Schach oder Party Museen laden immer öfter zum Spielen ein
30.08.2025, 19:07 Uhr Artikel anhören
Ein Museum kann wie ein zweites Wohnzimmer sein, zeigt die Pinakothek der Moderne in München.
(Foto: dpa)
Viele Menschen haben mit Museen nichts am Hut. Das liegt auch daran, dass man dort vor allem schauen soll, aber wenig machen kann. Doch das ändert sich zunehmend. Essen, trinken, schaukeln oder feiern - all das ist in vielen Museen längst möglich.
Nichts anfassen! Früher war das in Museen die oberste Regel. Doch das hat sich geändert. Selbst renommierte Häuser in Deutschland laden mittlerweile dazu ein, Spaß zu haben und Kunst mit allen Sinnen zu erleben.
Neuestes Beispiel: die Pinakothek der Moderne in München mit ihrer kunterbunten, begehbaren Installation Flux. Hier kann man essen und trinken, feiern, an Veranstaltungen teilnehmen oder selbst kreativ werden. Die Idee: die Grenzen zwischen Kunst und Alltag auflösen und für jedermann offen sein, ohne Konsumzwang. Geplant ist ein ganzjähriges kostenloses Kulturangebot.

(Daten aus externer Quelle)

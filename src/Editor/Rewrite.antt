-- ===== src/Editor/Rewrite.antt =====
-- What `RewriteConstant` of editor.go does to the instructions.
use ebpfmanager.Common.{
  ℕ, ◌≡◌, ◌≢◌, inl, inr, refl, sym, String, List, [], ◌∷◌, Option, none, some, Bool, true, false,
  ◌==◌, if◌then◌else◌, get_elem?, set, any, map, All, arith, Bool-cases, get_elem?-set, ==_self,
  get_elem?-map, get_elem?-ext, str_eq, ◌∙◌, ap,
}
use ebpfmanager.Editor.{
  Instruction, Instructions, done, write, rewrite_loads, rewrite_indices, rewrite_constant,
}

abbrev opt_write : ℕ → Option Instruction → Option Instruction
opt_write value none = none
opt_write value (some load) = some (write value load)

module _ (ld_dw_imm : ℕ) where
  -- An index of a 64-bit immediate load.
  abbrev pub IsLoad : Instructions → ℕ → Type 0
  IsLoad insns i =
      (load : Instruction) × (get_elem? insns i ≡ some load) × (load.op_code ≡ ld_dw_imm)

  IsLoad-set :
      (value : ℕ) (insns : Instructions) (i j : ℕ) (load : Instruction)
      → get_elem? insns i ≡ some load
      → load.op_code ≡ ld_dw_imm
      → IsLoad insns j
      → IsLoad (set insns i (write value load)) j
  IsLoad-set value insns i j load e op (l, at, opl) = elim (Bool-cases (i == j)) [
    | inl same ↦ (write value load, get_elem?-set insns i j (write value load) e ∙ rw same refl, op)
    | inr other ↦ (l, get_elem?-set insns i j (write value load) e ∙ rw other at, opl)
  ]

  All-IsLoad-set :
      (value : ℕ) (insns : Instructions) (i : ℕ) (js : List ℕ) (load : Instruction)
      → get_elem? insns i ≡ some load
      → load.op_code ≡ ld_dw_imm
      → All (IsLoad insns) js
      → All (IsLoad (set insns i (write value load))) js
  All-IsLoad-set value insns i [] load e op h = tt
  All-IsLoad-set value insns i (j ∷ js) load e op h =
      (IsLoad-set value insns i j load e op h.0, All-IsLoad-set value insns i js load e op h.1)

  -- Over loads the loop ends well and has written exactly the entries at the indices.
  pub rewrite_loads-get_elem? :
      (symbol : String) (value : ℕ) (is : List ℕ) (insns : Instructions)
      → All (IsLoad insns) is
      → (out : Instructions) × (rewrite_loads ld_dw_imm symbol value is insns ≡ done out)
        × ((j : ℕ)
            → get_elem? out j ≡ (
                if any (λ i. i == j) is
                then opt_write value (get_elem? insns j)
                else get_elem? insns j))
  unfolding rewrite_loads
  rewrite_loads-get_elem? symbol value [] insns h = (insns, refl, λ j. refl)
  rewrite_loads-get_elem? symbol value (i ∷ is) insns ((load, e, op), hs) =
      let (out, r, g) =
        rewrite_loads-get_elem? symbol value is (set insns i (write value load))
          (All-IsLoad-set value insns i is load e op hs) in
      (
        out,
        rw (e, rewrite_loads) (rw (==_self op) r),
        λ j. g j ∙ ground (arith, get_elem?-set insns i j (write value load) e, e),
      )

-- Whether an instruction refers to a symbol.
abbrev pub refers : String → Instruction → Bool
refers symbol ins = elim ins.reference [ none ↦ false | some r ↦ str_eq r symbol ]

abbrev pub opt_refers : String → Option Instruction → Bool
opt_refers symbol none = false
opt_refers symbol (some ins) = refers symbol ins

-- What the library says of `ReferenceOffsets`: the offsets of a symbol are those of the
-- instructions that refer to it.
abbrev pub OffsetLaw : (Instructions → String → List ℕ) → Type 0
OffsetLaw offsets =
    (insns : Instructions) (symbol : String) (j : ℕ)
    → any (λ i. i == j) (offsets insns symbol) ≡ opt_refers symbol (get_elem? insns j)

-- The specification: every instruction that refers to the symbol gets the value.
abbrev pub edit_instruction : String → ℕ → Instruction → Instruction
edit_instruction symbol value ins = if refers symbol ins then write value ins else ins

pub All-of-any :
    (P : ℕ → Type 0) (is : List ℕ) → ((j : ℕ) → any (λ i. i == j) is ≡ true → P j) → All P is
All-of-any P [] h = tt
All-of-any P (i ∷ is) h =
    (h i (ground (arith, ==_self {a = i} refl)), All-of-any P is (λ j m. h j (ground arith)))

edited_entry :
    (symbol : String) (value : ℕ) (o : Option Instruction)
    → (if opt_refers symbol o then opt_write value o else o)
      ≡ elim o [ none ↦ none | some ins ↦ some (edit_instruction symbol value ins) ]
edited_entry symbol value none = refl
edited_entry symbol value (some ins) = ground arith

module _ (ld_dw_imm : ℕ) (offsets : Instructions → String → List ℕ) (law : OffsetLaw offsets) where
  -- Every instruction that refers to the symbol is a 64-bit immediate load.
  abbrev pub OnlyLoads : String → Instructions → Type 0
  OnlyLoads symbol insns =
      (j : ℕ) (ins : Instruction)
      → get_elem? insns j ≡ some ins
      → refers symbol ins ≡ true
      → ins.op_code ≡ ld_dw_imm

  IsLoad-of_entry :
      (symbol : String) (insns : Instructions) (j : ℕ) (o : Option Instruction)
      → get_elem? insns j ≡ o
      → OnlyLoads symbol insns
      → opt_refers symbol o ≡ true
      → IsLoad ld_dw_imm insns j
  IsLoad-of_entry symbol insns j none e h r = absurd (cc)
  IsLoad-of_entry symbol insns j (some ins) e h r = (ins, e, h j ins e r)

  loop-map :
      (symbol : String) (value : ℕ) (insns : Instructions)
      → OnlyLoads symbol insns
      → rewrite_loads ld_dw_imm symbol value (offsets insns symbol) insns
        ≡ done (map (edit_instruction symbol value) insns)
  loop-map symbol value insns h =
      let (out, r, g) =
        rewrite_loads-get_elem? ld_dw_imm symbol value (offsets insns symbol) insns (
          All-of-any _ _ λ j m.
            IsLoad-of_entry symbol insns j (get_elem? insns j) refl h
              (sym (law insns symbol j) ∙ m)) in
      r
      ∙ ap done (
          get_elem?-ext out (map (edit_instruction symbol value) insns) λ j.
            g j
            ∙ rw (law insns symbol j) (edited_entry symbol value (get_elem? insns j))
            ∙ sym (get_elem?-map (edit_instruction symbol value) insns j))

  rewrite_indices-loop :
      (symbol : String) (value : ℕ) (is : List ℕ) (insns : Instructions)
      → is ≢ []
      → rewrite_indices ld_dw_imm symbol value is insns
        ≡ rewrite_loads ld_dw_imm symbol value is insns
  unfolding rewrite_indices
  rewrite_indices-loop symbol value [] insns h = absurd (h refl)
  rewrite_indices-loop symbol value (i ∷ is) insns h = refl

  -- A symbol that some instruction refers to, and only 64-bit immediate loads do, is rewritten with
  -- no error, and the result is the edit of every instruction that refers to it.
  pub rewrite_constant-map :
      (symbol : String) (value : ℕ) (insns : Instructions)
      → offsets insns symbol ≢ []
      → OnlyLoads symbol insns
      → rewrite_constant ld_dw_imm offsets symbol value insns
        ≡ done (map (edit_instruction symbol value) insns)
  unfolding rewrite_constant
  rewrite_constant-map symbol value insns used h =
      rewrite_indices-loop symbol value (offsets insns symbol) insns used
      ∙ loop-map symbol value insns h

Flux lebe von der Nachbarschaft und allen, die den Ort gemeinsam gestalten wollten, sagt die Kulturmanagerin Sarah Karuga. An Wochenenden kämen bei schönem Wetter mehr als 1600 Menschen täglich. Manche organisierten auch eigene Formate wie Spieleabende und nutzten Flux als Treffpunkt und zweites Wohnzimmer.
Erlebbarkeit gehört fest dazu
Kunst zum Mitmachen - das ist längst keine Ausnahme mehr. Das erklärt die Geschäftsführerin des Deutschen Museumsbundes, Sylvia Willkomm. Sie sieht in der Entwicklung "eindeutig eine zeitgemäße Erweiterung des kulturellen Bildungsauftrags".

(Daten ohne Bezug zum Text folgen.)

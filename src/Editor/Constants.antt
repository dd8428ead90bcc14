-- ===== src/Editor/Constants.antt =====
-- testdata/rewrite.c and the hooks of examples/clone_vs_add_hook/ebpf/main.c after `RewriteConstant`.
use ebpfmanager.Common.{
  ℕ, zero, suc, get_elem?, ==_self, ◌≡◌, ◌≢◌, ◌<◌, ◌%◌, ◌^◌, refl, sym, String, List, [], ◌∷◌,
  Option, none, some, Bool, true, false, map, if◌then◌else◌, Bool-cases, inl, inr, ◌∙◌, arith,
}
use ebpfmanager.Common.Int.{ℤ, pos, signed, unsigned, unsigned-signed64}
use ebpfmanager.Bpf.{Kernel, KernelLaws}
use ebpfmanager.Bpf.Constants.{kprobe_vfs_mkdir, kprobe_vfs_mkdir-samples}
use ebpfmanager.Editor.{Instructions, done, rewrite_constant}
use ebpfmanager.Editor.Rewrite.{
  refers, opt_refers, edit_instruction, OffsetLaw, OnlyLoads, rewrite_constant-map,
}

-- `LOAD_CONSTANT`: the 64-bit immediate of the instruction that refers to the symbol; 0 stands in
-- its place where none does.
unfoldable pub load_constant : Instructions → String → ℕ
load_constant [] symbol = 0
load_constant (ins ∷ rest) symbol =
    if refers symbol ins then unsigned 64 ins.constant else load_constant rest symbol

-- An `int` result of an `unsigned long` is its low 32 bits.
unfoldable pub rewrite : Instructions → ℤ
unfolding load_constant
rewrite insns = let acc = load_constant insns "constant" in signed 32 (acc % 2 ^ 32)

unfoldable pub rewrite_map : (ℕ → Option ℕ) → ℤ
rewrite_map map_lookup_elem = elim (map_lookup_elem 0) [
  | none ↦ pos 0
  | some value ↦ signed 32 value
]

any_refers : String → Instructions → Bool
any_refers symbol [] = false
any_refers symbol (ins ∷ rest) = if refers symbol ins then true else any_refers symbol rest

load_constant-map :
    (symbol : String) (value : ℕ) (insns : Instructions)
    → value < 2 ^ 64
    → any_refers symbol insns ≡ true
    → load_constant (map (edit_instruction symbol value) insns) symbol ≡ value
unfolding load_constant any_refers
load_constant-map symbol value [] lt h = absurd (cc)
load_constant-map symbol value (ins ∷ rest) lt h = elim (Bool-cases (refers symbol ins)) [
  | inl e ↦ rw e (rw e (unsigned-signed64 value lt))
  | inr e ↦ rw e (rw e (load_constant-map symbol value rest lt (rw e at h)))
]

any_refers_entry :
    (symbol : String) (insns : Instructions) (j : ℕ)
    → opt_refers symbol (get_elem? insns j) ≡ true
    → any_refers symbol insns ≡ true
unfolding any_refers
any_refers_entry symbol [] j h = absurd (cc)
any_refers_entry symbol (ins ∷ rest) zero h = rw h refl
any_refers_entry symbol (ins ∷ rest) (suc j) h = ground (arith, any_refers_entry symbol rest j h)

module _ (ld_dw_imm : ℕ) (offsets : Instructions → String → List ℕ) (law : OffsetLaw offsets) where
  any_refers-offsets :
      (symbol : String) (insns : Instructions) (is : List ℕ)
      → offsets insns symbol ≡ is
      → is ≢ []
      → any_refers symbol insns ≡ true
  any_refers-offsets symbol insns [] e h = absurd (h refl)
  any_refers-offsets symbol insns (i ∷ is) e h =
      any_refers_entry symbol insns i
        (sym (law insns symbol i) ∙ rw e (ground (arith, ==_self {a = i} refl)))

  -- A constant that the loads of a program refer to, once rewritten, is what `LOAD_CONSTANT` reads.
  pub load_constant-rewrite_constant :
      (symbol : String) (value : ℕ) (insns : Instructions)
      → value < 2 ^ 64
      → offsets insns symbol ≢ []
      → OnlyLoads ld_dw_imm offsets law symbol insns
      → (out : Instructions) × (rewrite_constant ld_dw_imm offsets symbol value insns ≡ done out)
        × (load_constant out symbol ≡ value)
  load_constant-rewrite_constant symbol value insns lt used h = (
    map (edit_instruction symbol value) insns,
    rewrite_constant-map ld_dw_imm offsets law symbol value insns used h,
    load_constant-map symbol value insns lt
        (any_refers-offsets symbol insns (offsets insns symbol) refl used),
  )

  -- So the test program `rewrite` returns the low 32 bits of the constant, as an `int`.
  pub rewrite-rewrite_constant :
      (value : ℕ) (insns : Instructions)
      → value < 2 ^ 64
      → offsets insns "constant" ≢ []
      → OnlyLoads ld_dw_imm offsets law "constant" insns
      → (out : Instructions) × (rewrite_constant ld_dw_imm offsets "constant" value insns
          ≡ done out)
        × (rewrite out ≡ signed 32 (value % 2 ^ 32))
  unfolding rewrite
  rewrite-rewrite_constant value insns lt used h =
      let (out, done', e) = load_constant-rewrite_constant "constant" value insns lt used h in
      (out, done', rw e refl)

  -- And the hook on mkdir prints the constant and sends it to user space, where the send succeeds.
  pub kprobe_vfs_mkdir-rewrite_constant :
      (k : Kernel) (laws : KernelLaws k) (my_constants value : ℕ) (insns : Instructions)
      (w : k.World)
      → value < 2 ^ 64
      → offsets insns "my_constant" ≢ []
      → OnlyLoads ld_dw_imm offsets law "my_constant" insns
      → ((w' : k.World) (c : ℕ) → (k.output w' my_constants c value).1 ≡ pos 0)
      → (out : Instructions) × (rewrite_constant ld_dw_imm offsets "my_constant" value insns
          ≡ done out)
        × (k.samples (kprobe_vfs_mkdir k (load_constant out) my_constants w).1
            ≡ (my_constants, k.cpu w, value) ∷ k.samples w)
  kprobe_vfs_mkdir-rewrite_constant k laws my_constants value insns w lt used h sends =
      let (out, done', e) = load_constant-rewrite_constant "my_constant" value insns lt used h in
      (out, done', kprobe_vfs_mkdir-samples k laws (load_constant out) my_constants value w e sends)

Der Zuschnitt bei vielen Häusern hat sich verändert. "Interaktivität und Erlebbarkeit sind in den Museen nicht mehr nur "Zusatz", sondern fester Bestandteil des Angebots. Über den linear geprägten Museumsbesuch, bei dem nur Exponate betrachtet werden können, sind die Museen hinaus", erklärt Willkomm.
Das zeigte sich kürzlich auch bei einer Aktion des Lenbachhauses in München. Unter dem Namen "Hallo, mein Name ist Kunstbau" konnten Besucherinnen und Besucher bis Anfang August hier nähen, hämmern, sägen, Wettrennen veranstalten, schaukeln, klettern, tanzen oder spielen.
Vor allem Familien mit Kindern tobten sich hier aus. Und es gelang etwas, wovon andere Museen nur träumen: "Jugendliche im Alter von ca. 13-18 Jahren kamen auch allein - eine Zielgruppe, die wir in Angeboten sonst schwerer erreichen", sagt Museumsdirektor Matthias Mühling. Viele seien zum ersten Mal mit dem Lenbachhaus in Berührung gekommen. Die Reaktionen quer durchs Publikum: "Begeisterung über Irritation bis zu Neugier". Das städtische Museum will die gewonnenen Erkenntnisse künftig berücksichtigen und manches fortführen.
Schachmatt in der Neuen Nationalgalerie in Berlin
Auch in Berlin laufen aktuell einige Ausstellungen, bei denen mitmachen gefragt ist. Beispiel: Die Neue Nationalgalerie zeigt momentan Werke der Ausnahmekünstlerin Yoko Ono (92) und der Brasilianerin Lygia Clark.
Bei "Yoko Ono: Dream Together" können Besucherinnen und Besucher an komplett weißen Schachbrettern mit nur weißen Spielfiguren eine Partie spielen. An einem anderen Tisch liegen Scherben zerschlagener Tassen bereit, die man zu neuen Objekten zusammenkleben kann - inklusive Klebeband und Paketschnur.
Enden soll die Sonderausstellung am 14. September mit der Performance "Bells for Peace". Besucherinnen und Besucher können dazu eigene Glocken mitbringen und auf dem gesamten Areal des Kulturforums für den Frieden läuten.
Besucher wünschen sich direkte Interaktion mit Kunst
Auch bei der Retrospektive der brasilianischen Künstlerin Lygia Clark (1920-1988) wird man selbst zur Kunst. Denn Clark ist bekannt für eine körperbezogene und sinnliche Kunsterfahrung. In der Ausstellung kann man bewegliche Skulpturen immer in neue Richtungen falten oder Brillen, Ganzkörperanzüge und Masken ausprobieren.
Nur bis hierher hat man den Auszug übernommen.